ABOUT THIS TASK: Within the entries below, every line containing "hmac" is to be copied.

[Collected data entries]
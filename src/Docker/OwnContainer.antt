-- ===== src/Docker/OwnContainer.antt =====
-- internal/docker/self.go: which container the monitor itself runs in.
pub mod Candidates
mod Tests
use docker_monitor.Prelude.{List, [], any, if◌then◌else◌, ◌++◌, ◌||◌, ◌∷◌}
use docker_monitor.Prelude.Bytes.{Bytes, is_empty, str_eq}
use docker_monitor.Prelude.Bytes.Space.{trim_space}

-- What ContainerInspect answers, as isContainerNotFound tells errors apart.
pub data Inspected : Type 0 where
  container : Bytes → Inspected
  not_found : Inspected
  failed : Bytes → Inspected

-- The result of detectSelfContainerID: an id, which may be empty, or an error.
pub data Detected : Type 0 where
  detected : Bytes → Detected
  gave_up : Bytes → Detected

unfoldable pub detect_self_container_id : (Bytes → Inspected) → List Bytes → Detected
unfolding trim_space is_empty
detect_self_container_id inspect [] = detected []
detect_self_container_id inspect (candidate ∷ candidates) =
    let later = detect_self_container_id inspect candidates in
    elim (inspect candidate) [
      | container id ↦ if is_empty (trim_space id) then later else detected (trim_space id)
      | not_found ↦ later
      | failed err ↦ gave_up err
    ]

-- `to_lower` is strings.ToLower, `find_ids` the matches of containerIDPattern.
module _ (to_lower : Bytes → Bytes) (find_ids : Bytes → List Bytes) where
  -- The closure appendCandidate; `seen` holds the candidates.
  abbrev pub append_candidate : Bytes → List Bytes → List Bytes
  append_candidate value candidates =
      let lower = to_lower (trim_space value) in
      if is_empty (trim_space value) || any (λ c. str_eq c lower) candidates
      then candidates
      else candidates ++ lower ∷ []

  abbrev pub append_each : List Bytes → List Bytes → List Bytes
  append_each [] candidates = candidates
  append_each (v ∷ vs) candidates = append_each vs (append_candidate v candidates)

  unfoldable pub self_container_id_candidates_from : Bytes → Bytes → List Bytes
  unfolding trim_space is_empty str_eq
  self_container_id_candidates_from hostname cgroup =
      append_each (find_ids cgroup) (append_candidate hostname [])
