-- ===== src/Docker/LogReader.antt =====
-- LogReader.Stream of internal/docker/logs.go: the frames of a container's log, the lines of both of its
-- streams, and the deferred calls.
pub mod Delivered
mod Tests
use docker_monitor.Docker.Demux.{Ending, Writers, copy_docker_logs}
use docker_monitor.Docker.LineWriter.{
  LineHandler, LineWriter, flush, max_docker_log_line_size, write,
}
use docker_monitor.Docker.OwnContainer.{container}
use docker_monitor.Model.{ContainerInfo, Errors, Time}
use docker_monitor.Prelude.{Bool, List, Option, [], false, if◌then◌else◌, ◌++◌, ◌∷◌}
use docker_monitor.Prelude.Bytes.{Bytes, text}

-- What ContainerLogs answers: an error, or a reader, as the bytes that it yields up to its end. Where the
-- context ends, Stream closes the reader, so that it ends there.
pub data Opened : Type 0 where
  open_error : Bytes → Opened
  reader : Bytes → Ending → Opened

abbrev pub new_line_writer : ContainerInfo → Bytes → LineWriter
new_line_writer info stream = record {
  container = info;
  stream = stream;
  buffer = [];
  truncated = false;
}

-- `pieces` is how io.Copy reads, and `is_closed_pipe` is isClosedPipe on the error of copyDockerLogs.
module _ {S : Type 0} (parse_time : Bytes → Option Time) (handler : LineHandler S)
    (pieces : Bytes → List Bytes) (is_closed_pipe : Errors → Bool) where
  -- The writers of the standard output and of the standard error, and the state of the handler.
  abbrev pub Lines : Type 0
  Lines = (LineWriter × LineWriter) × S

  abbrev pub line_writers : Writers Lines
  line_writers = record {
    stdout = λ p x.
        let ((o, e), s) = x in
        let (errors, (o', s')) = write parse_time handler max_docker_log_line_size p o s in
        (errors, ((o', e), s'));
    stderr = λ p x.
        let ((o, e), s) = x in
        let (errors, (e', s')) = write parse_time handler max_docker_log_line_size p e s in
        (errors, ((o, e'), s'));
  }

  -- The deferred calls of Flush, the last one first; their errors are dropped.
  abbrev pub flush_both : Lines → S
  flush_both ((o, e), s) =
      let (errors, (e', s')) = flush parse_time handler e s in (flush parse_time handler o s').1.1

  -- `if err == nil || isClosedPipe(err) { return nil }`
  abbrev pub unless_closed : Errors → Errors
  unless_closed errors = if is_closed_pipe errors then [] else errors

  -- Stream
  unfoldable pub stream_log : ContainerInfo → Opened → S → Errors × S
  stream_log info (open_error e) s = ((text "open container logs: " ++ e) ∷ [], s)
  stream_log info (reader input ending) s =
      let start_state : Lines =
        ((new_line_writer info (text "stdout"), new_line_writer info (text "stderr")), s) in
      let (errors, w) = copy_docker_logs line_writers ending pieces input start_state in
      (unless_closed errors, flush_both w)
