-- ===== src/Runtime.antt =====
-- What the program takes from Python's hashlib, hmac and json, as one parameter. A digest is its
-- hexadecimal text; a text that is hashed is its bytes.
use openmuse.Common.{String, ◌≡◌, true, Option, some, ◌<◌, Text, All, IsBytes, ℤ}
use openmuse.Common.Json.{Json, json_eq}

pub record Runtime : Type 0 where
  -- `hashlib.sha256(b).hexdigest()`
  pub sha256 : Text → Text
  -- `hmac.new(key, message, hashlib.sha256).hexdigest()`
  pub hmac : Text → Text → Text
  -- `json.dumps` with sorted keys, as bytes, and `json.loads`
  pub dumps : Json → Text
  pub loads : Text → Option Json
  -- a text that the program computed, as a value of JSON
  pub as_string : Text → String
  -- `int(text)`, where it raises no ValueError
  pub int_text : String → Option ℤ

-- Documented behaviour of `json`: what was written is read back, up to the order of the keys.
pub record RoundTrips (r : Runtime) (v : Json) : Type 0 where
  pub read : Json
  pub reads : r.loads (r.dumps v) ≡ some read
  pub same : json_eq read v ≡ true
  pub bytes : IsBytes (r.dumps v)

-- Documented behaviour of `hexdigest`: its text is ASCII.
abbrev pub AsciiDigests : Runtime → Type 0
AsciiDigests r = (key message : Text) → All (λ c. c < 128) (r.hmac key message)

PROBLEM SOLUTION:
-- What the program takes from Python's hashlib, hmac and json, as one parameter. A digest is its
  -- `hmac.new(key, message, hashlib.sha256).hexdigest()`
  pub hmac : Text → Text → Text
AsciiDigests r = (key message : Text) → All (λ c. c < 128) (r.hmac key message)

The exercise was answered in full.